TRY IT » Which lines of the data contain the string "symbol"? Copy every one of them.

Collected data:
-- ===== src/Execution/Stream/Tests.antt =====
-- Runs of the decoder and the loop of alpaca_stream.py.
use caqrs.Prelude.{
  ℕ, ◌+◌, String, [], ◌∷◌, none, some, str_eq, ◌≡◌, refl, returned, raised, if◌then◌else◌, inr, ◌⊎◌,
}
use caqrs.Prelude.Int.{ℤ, pos}
use caqrs.Prelude.Decimal.Whole.{whole}
use caqrs.Orchestrator.Listeners.{Listener, notify}
use caqrs.Orchestrator.Events.{CycleEvent}
use caqrs.Orchestrator.EventLog.{Codec, EventLog, append}
use caqrs.Execution.Journal.{
  LiveBrokerJournal, Submission, register_submission, attribution, attribution_in, record_fill,
  record_cancel, cycle_resolver, decision_resolver,
}
use caqrs.Execution.Journal.Keys.{attribution-register_submission}
use caqrs.Execution.Stream.{
  words, dict, scalar, Fields, end, field, Parsed, number, invalid, AlpacaTradeUpdate, fill, lookup,
  text_at, dict_at, words_at, kind_of, fill_amounts, amount_at, amounts_of, update_of,
  update_of_order, decode_trade_update, make_update,
}
use caqrs.Execution.Stream.Consume.{
  from_journal, handle, consume, consume_all, resolvers_of, resolve, emit, record_and_emit,
  record_update, attribute_update,
}
use caqrs.Execution.Stream.Decoded.{IsSound, decode_trade_update-IsSound}
use caqrs.Execution.Stream.Exact.{recorder}
use caqrs.Execution.Stream.Redelivery.{handle-again}

abbrev parse : String → Parsed ℤ
parse s =
    if str_eq s "10" then number (pos 10) else if str_eq s "180" then number (pos 180) else invalid

abbrev order_fields : Fields
order_fields = field "id" (words "o-1") (
    field "client_order_id" (words "k-1")
      (field "symbol" (words "AAPL") (field "side" (words "buy") end)))

abbrev message : String → Fields → Fields
message event rest = field "stream" (words "trade_updates") (
    field "data"
      (dict "{…}" (field "event" (words event) (field "order" (dict "{…}" order_fields) rest))) end)

abbrev amounts : Fields
amounts =
    field "qty" (words "10") (field "price" (scalar "180") (field "execution_id" (words "e-1") end))

abbrev fill_message : Fields
fill_message = message "fill" amounts

abbrev fill_update : AlpacaTradeUpdate ℤ
fill_update = make_update fill order_fields (some (pos 10, pos 180)) none (some "e-1")

decode-fill : decode_trade_update whole parse fill_message ≡ returned (some fill_update)
unfolding decode_trade_update lookup text_at dict_at words_at kind_of fill_amounts amount_at
    amounts_of update_of update_of_order
decode-fill = refl

decode_drops : decode_trade_update whole parse (message "fill" end) ≡ returned none
unfolding decode_trade_update lookup text_at dict_at words_at kind_of fill_amounts amount_at
    amounts_of update_of update_of_order
decode_drops = refl

abbrev submission : Submission
submission = record {
  client_order_id = "k-1";
  cycle_id = "c-1";
  decision_run_id = "r-1";
  order_id = "o-1";
  idempotency_key = "k-1…";
  symbol = "AAPL";
  side = "buy";
  qty = "10";
}

abbrev journal : LiveBrokerJournal
journal = record { user_version = 1; submissions = submission ∷ []; fills = []; cancellations = [] }

abbrev counter : Listener CycleEvent ℕ
counter e n = (returned tt, n + 1)

abbrev log : EventLog ℕ
log = record { events = []; persist_to = none; listeners = counter ∷ [] }

abbrev codec : Codec
codec = record { dump_json = λ e. []; validate_json = λ t. none }

-- A fill, its redelivery, and a cancellation, twice: two events.
consume-twice :
    (consume whole codec parse
      (fill_message ∷ fill_message ∷ message "canceled" end ∷ message "rejected" end ∷ [])
      none
      none
      (recorder journal log 0)).1.world
    ≡ 2
unfolding consume consume_all handle resolvers_of resolve emit record_and_emit record_update
    attribute_update append notify record_fill record_cancel cycle_resolver decision_resolver
    attribution attribution_in decode_trade_update lookup text_at dict_at words_at kind_of
    fill_amounts amount_at amounts_of update_of update_of_order
consume-twice = refl

attribution-register_submission_example :
    (((register_submission journal submission).0 ≡ returned tt)
      × (attribution (register_submission journal submission).1 "k-1"
          ≡ (if str_eq "k-1" "k-1" then some ("c-1", "r-1") else attribution journal "k-1")))
    ⊎ (register_submission journal submission ≡ (raised, journal))
attribution-register_submission_example = attribution-register_submission journal submission "k-1"

decode_trade_update-IsSound_example : IsSound whole parse fill_update
decode_trade_update-IsSound_example =
    decode_trade_update-IsSound whole parse fill_message fill_update decode-fill

handle-again_example :
    let first = (handle whole codec parse from_journal fill_message (recorder journal log 0)).1 in
    let after =
      (consume_all whole codec parse from_journal (message "canceled" end ∷ []) first).1 in
    handle whole codec parse from_journal fill_message after ≡ (returned tt, after)
handle-again_example =
    handle-again whole codec parse journal log 0 fill_message (message "canceled" end ∷ [])
      fill_update decode-fill (inr ("e-1", refl))
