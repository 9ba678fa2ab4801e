-- ===== src/Orchestrator.antt =====
-- src/caqrs/orchestrator: the state machine, the event log with its budget guard, the runner, the loop
-- detector and the cycle queue.
pub mod CycleRunner
pub mod Listeners
pub mod StateMachine
pub mod Events
pub mod EventLog
pub mod Budget
pub mod LoopDetector
pub mod CycleQueue
pub mod Heartbeat
pub mod Preflight
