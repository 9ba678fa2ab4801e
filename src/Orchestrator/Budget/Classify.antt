-- ===== src/Orchestrator/Budget/Classify.antt =====
-- The tokens that the guard of budget.py has counted and the status that it reports, over any
-- sequence of calls.
use caqrs.Prelude.{
  ℕ, ◌+◌, ◌<◌, ◌≡◌, refl, ap, ◌∙◌, ◌||◌, List, [], ◌∷◌, Option, arith, if◌then◌else◌,
}
use caqrs.Prelude.Int.{ℤ, pos, pos_part, ltb_ℤ}
use caqrs.Orchestrator.Listeners.{returned}
use caqrs.Orchestrator.EventLog.{Codec, EventLog}
use caqrs.Orchestrator.Budget.{
  CycleBudget, BudgetGuard, BudgetStatus, token_exceeded, classify, emit_if_first_breach, check,
  consume,
}

-- One call of the guard's interface, with the clock's reading.
pub data Call : Type 0 where
  consuming : ℤ → ℤ → ℕ → Call
  checking : ℕ → Call

-- What a call asks to count: nothing if an argument is negative.
abbrev pub tokens_of : Call → ℕ
tokens_of (consuming token_in token_out now) =
    if ltb_ℤ token_in (pos 0) || ltb_ℤ token_out (pos 0)
    then 0
    else pos_part token_in + pos_part token_out
tokens_of (checking now) = 0

abbrev pub total_tokens : List Call → ℕ
total_tokens [] = 0
total_tokens (call ∷ calls) = tokens_of call + total_tokens calls

module _ {ℓ} {W : Type ℓ} (codec : Codec) where
  -- The guard, the log and the world after one call, and after a list of them.
  abbrev pub after_call :
      Call → BudgetGuard → Option (EventLog W) → W → BudgetGuard × Option (EventLog W) × W
  after_call (consuming token_in token_out now) g log w =
      let r = consume codec g token_in token_out now log w in (r.1, r.2, r.3)
  after_call (checking now) g log w = let r = check codec g now log w in (r.1, r.2, r.3)

  abbrev pub run :
      List Call → BudgetGuard → Option (EventLog W) → W → BudgetGuard × Option (EventLog W) × W
  run [] g log w = (g, log, w)
  run (call ∷ calls) g log w = let (g', log', w') = after_call call g log w in run calls g' log' w'

  check-counts :
      (g : BudgetGuard) (now : ℕ) (log : Option (EventLog W)) (w : W)
      → ((check codec g now log w).1.tokens_consumed ≡ g.tokens_consumed)
        × ((check codec g now log w).1.budget ≡ g.budget)
  unfolding check emit_if_first_breach
  check-counts g now log w = (ground arith, ground arith)

  pub call-counts :
      (call : Call) (g : BudgetGuard) (log : Option (EventLog W)) (w : W)
      → ((after_call call g log w).0.tokens_consumed ≡ g.tokens_consumed + tokens_of call)
        × ((after_call call g log w).0.budget ≡ g.budget)
  unfolding consume
  call-counts (consuming token_in token_out now) g log w =
      let spent = g.tokens_consumed + (pos_part token_in + pos_part token_out) in
      let counts = check-counts (record g { tokens_consumed = spent }) now log w in
      (ground (arith, counts.0), ground (arith, counts.1))
  call-counts (checking now) g log w =
      let counts = check-counts g now log w in (omega (arith, counts.0), counts.1)

  -- Over any calls the guard counts exactly the tokens of the calls whose arguments are not negative,
  -- and its budget stays as it was.
  pub run-counts :
      (calls : List Call) (g : BudgetGuard) (log : Option (EventLog W)) (w : W)
      → ((run calls g log w).0.tokens_consumed ≡ g.tokens_consumed + total_tokens calls)
        × ((run calls g log w).0.budget ≡ g.budget)
  run-counts [] g log w = (omega arith, refl)
  run-counts (call ∷ calls) g log w =
      let (g', log', w') = after_call call g log w in
      let (tokens, same) = call-counts call g log w in
      let (later, kept) = run-counts calls g' log' w' in (omega (arith, tokens, later), kept ∙ same)

  check-status :
      (g : BudgetGuard) (now : ℕ) (log : Option (EventLog W)) (w : W) {status : BudgetStatus}
      → g.budget.token_cap < g.tokens_consumed
      → (check codec g now log w).0 ≡ returned status
      → status.kind ≡ token_exceeded
  unfolding check classify
  check-status g now log w over h = ground arith

  -- Once a guard has counted more than its cap, whatever calls follow, every later check that returns
  -- reports that the tokens are exceeded.
  pub token_breach_is_final :
      (calls : List Call) (g : BudgetGuard) (log : Option (EventLog W)) (w : W) (now : ℕ)
      {status : BudgetStatus}
      → g.budget.token_cap < g.tokens_consumed
      → (let (g', log', w') = run calls g log w in (check codec g' now log' w').0 ≡ returned status)
      → status.kind ≡ token_exceeded
  token_breach_is_final calls g log w now over h =
      let (g', log', w') = run calls g log w in
      let (counted, kept) = run-counts calls g log w in
      let cap = ap (λ (b : CycleBudget). b.token_cap) kept in
      check-status g' now log' w' (omega (arith, counted, cap)) h
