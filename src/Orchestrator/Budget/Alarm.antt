-- ===== src/Orchestrator/Budget/Alarm.antt =====
-- The BUDGET_EXCEEDED event of budget.py, over any sequence of calls of one guard.
use caqrs.Prelude.{
  ℕ, ◌∙◌, ◌⊎◌, ◌+◌, ◌-◌, ◌≤◌, ◌<◌, Bool, true, false, ◌≡◌, refl, ◌||◌, List, [], ◌∷◌, ◌++◌, Option,
  none, some, ltb, arith, if◌then◌else◌, Bool-cases, inl, inr,
}
use caqrs.Prelude.Int.{pos, pos_part, ltb_ℤ}
use caqrs.Orchestrator.Listeners.{returned}
use caqrs.Orchestrator.Events.{CycleEvent, budget_exceeded, budget_exceeded_event}
use caqrs.Orchestrator.EventLog.{Codec, EventLog, append}
use caqrs.Orchestrator.Budget.{
  CycleBudget, BudgetGuard, BudgetStatus, BudgetStatusKind, ok, token_exceeded, init, classify,
  breach_event, emit, emit_if_first_breach, check, consume, status_at,
}
use caqrs.Orchestrator.Budget.Classify.{Call, consuming, checking, after_call, run, call-counts}

-- An event that reports a breach of the budget.
abbrev pub IsBreach : CycleBudget → CycleEvent → Type 0
IsBreach b e = (e.cycle_id ≡ b.cycle_id) × (e.kind ≡ budget_exceeded)

-- From one flag to another the events grow by one report if the flag is raised, and stay otherwise;
-- a raised flag stays.
abbrev pub Progress : CycleBudget → Bool → Bool → List CycleEvent → List CycleEvent → Type 0
Progress b true true old new = new ≡ old
Progress b true false old new = ⊥
Progress b false false old new = new ≡ old
Progress b false true old new = (e : CycleEvent) × IsBreach b e × (new ≡ old ++ e ∷ [])

Progress-refl :
    (b : CycleBudget) (f : Bool) (events : List CycleEvent) → Progress b f f events events
Progress-refl b true events = refl
Progress-refl b false events = refl

Progress-trans :
    (b : CycleBudget) (f g h : Bool) (x y z : List CycleEvent)
    → Progress b f g x y
    → Progress b g h y z
    → Progress b f h x z
Progress-trans b true true true x y z p q = q ∙ p
Progress-trans b true true false x y z p q = q
Progress-trans b true false h x y z p q = absurd p
Progress-trans b false true true x y z p q = (p.0, p.1, q ∙ p.2)
Progress-trans b false true false x y z p q = absurd q
Progress-trans b false false true x y z p q = (q.0, q.1, rw (q.2, p))
Progress-trans b false false false x y z p q = q ∙ p

breach_event-IsBreach :
    (g : BudgetGuard) (status : BudgetStatus) (kind : BudgetStatusKind)
    → IsBreach g.budget (breach_event g status kind)
unfolding breach_event budget_exceeded_event
breach_event-IsBreach g status token_exceeded = (refl, refl)
breach_event-IsBreach g status _ = (refl, refl)

module _ {ℓ} {W : Type ℓ} (codec : Codec) where
  abbrev pub events_of : Option (EventLog W) → List CycleEvent
  events_of none = []
  events_of (some log) = log.events

  -- A breach of either kind, with a log.
  breach-Progress :
      (g : BudgetGuard) (event : CycleEvent) (log : EventLog W) (w : W)
      → IsBreach g.budget event
      → let after =
          if g.exceeded_emitted then (returned tt, g, some log, w) else emit codec g event log w in
        Progress g.budget g.exceeded_emitted after.1.exceeded_emitted log.events (events_of after.2)
  unfolding emit append
  breach-Progress g event log w is_breach = elim (Bool-cases g.exceeded_emitted) [
    | inl old ↦ rw old refl
    | inr new ↦ rw new (event, is_breach, refl)
  ]

  emit-Progress :
      (g : BudgetGuard) (status : BudgetStatus) (kind : BudgetStatusKind)
      (log : Option (EventLog W)) (w : W)
      → Progress g.budget g.exceeded_emitted
          (emit_if_first_breach codec g status kind log w).1.exceeded_emitted
          (events_of log)
          (events_of (emit_if_first_breach codec g status kind log w).2)
  unfolding emit_if_first_breach
  emit-Progress g status ok log w = Progress-refl g.budget g.exceeded_emitted (events_of log)
  emit-Progress g status kind none w = Progress-refl g.budget g.exceeded_emitted []
  emit-Progress g status kind (some log) w =
      breach-Progress g (breach_event g status kind) log w (breach_event-IsBreach g status kind)

  check-Progress :
      (g : BudgetGuard) (now : ℕ) (log : Option (EventLog W)) (w : W)
      → let r = check codec g now log w in
        Progress g.budget g.exceeded_emitted r.1.exceeded_emitted (events_of log) (events_of r.2)
  unfolding check
  check-Progress g now log w = elim (Bool-cases (ltb now g.started_at)) [
    | inl back ↦ rw back (Progress-refl g.budget g.exceeded_emitted (events_of log))
    | inr on ↦ rw on (emit-Progress g (status_at g now) (status_at g now).kind log w)
  ]

  call-Progress :
      (call : Call) (g : BudgetGuard) (log : Option (EventLog W)) (w : W)
      → let r = after_call codec call g log w in
        Progress g.budget g.exceeded_emitted r.0.exceeded_emitted (events_of log) (events_of r.1)
  unfolding consume
  call-Progress (consuming token_in token_out now) g log w =
      elim (Bool-cases (ltb_ℤ token_in (pos 0) || ltb_ℤ token_out (pos 0))) [
        | inl bad ↦ rw bad (Progress-refl g.budget g.exceeded_emitted (events_of log))
        | inr good ↦ rw good (
            check-Progress
              (record g {
                tokens_consumed = g.tokens_consumed + (pos_part token_in + pos_part token_out);
              })
              now log w)
      ]
  call-Progress (checking now) g log w = check-Progress g now log w

  run-Progress :
      (calls : List Call) (g : BudgetGuard) (log : Option (EventLog W)) (w : W)
      → let r = run codec calls g log w in
        Progress g.budget g.exceeded_emitted r.0.exceeded_emitted (events_of log) (events_of r.1)
  run-Progress [] g log w = Progress-refl g.budget g.exceeded_emitted (events_of log)
  run-Progress (call ∷ calls) g log w =
      let (g', log', w') = after_call codec call g log w in
      let kept = (call-counts codec call g log w).1 in
      let later = run-Progress calls g' log' w' in
      Progress-trans g.budget g.exceeded_emitted g'.exceeded_emitted _ (events_of log)
        (events_of log') _ (call-Progress call g log w) (rw kept at later)

  -- A new guard, whatever calls are made of it, whatever the clock reads and whatever the listeners
  -- do: the log grows by one report of a breach of its budget if its flag ends up raised, and by
  -- nothing if not. So there is never a second report.
  pub one_report :
      (budget : CycleBudget) (started : ℕ) (calls : List Call) (log : Option (EventLog W)) (w : W)
      → let r = run codec calls (init budget started) log w in
        Progress budget false r.0.exceeded_emitted (events_of log) (events_of r.1)
  unfolding init
  one_report budget started calls log w = run-Progress calls (init budget started) log w

  -- With a log and a clock that has not gone back, a check whose tokens or time are over their cap
  -- leaves the flag raised: the breach is reported now or has been.
  pub breach_is_reported :
      (g : BudgetGuard) (now : ℕ) (log : EventLog W) (w : W)
      → g.started_at ≤ now
      → (g.budget.token_cap < g.tokens_consumed) ⊎ (g.budget.wallclock_cap < now - g.started_at)
      → (check codec g now (some log) w).1.exceeded_emitted ≡ true
  unfolding check emit_if_first_breach classify append
  breach_is_reported g now log w on over = ground arith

OUTPUT OF THE TASK »
      (field "symbol" (words "AAPL") (field "side" (words "buy") end)))
  symbol = "AAPL";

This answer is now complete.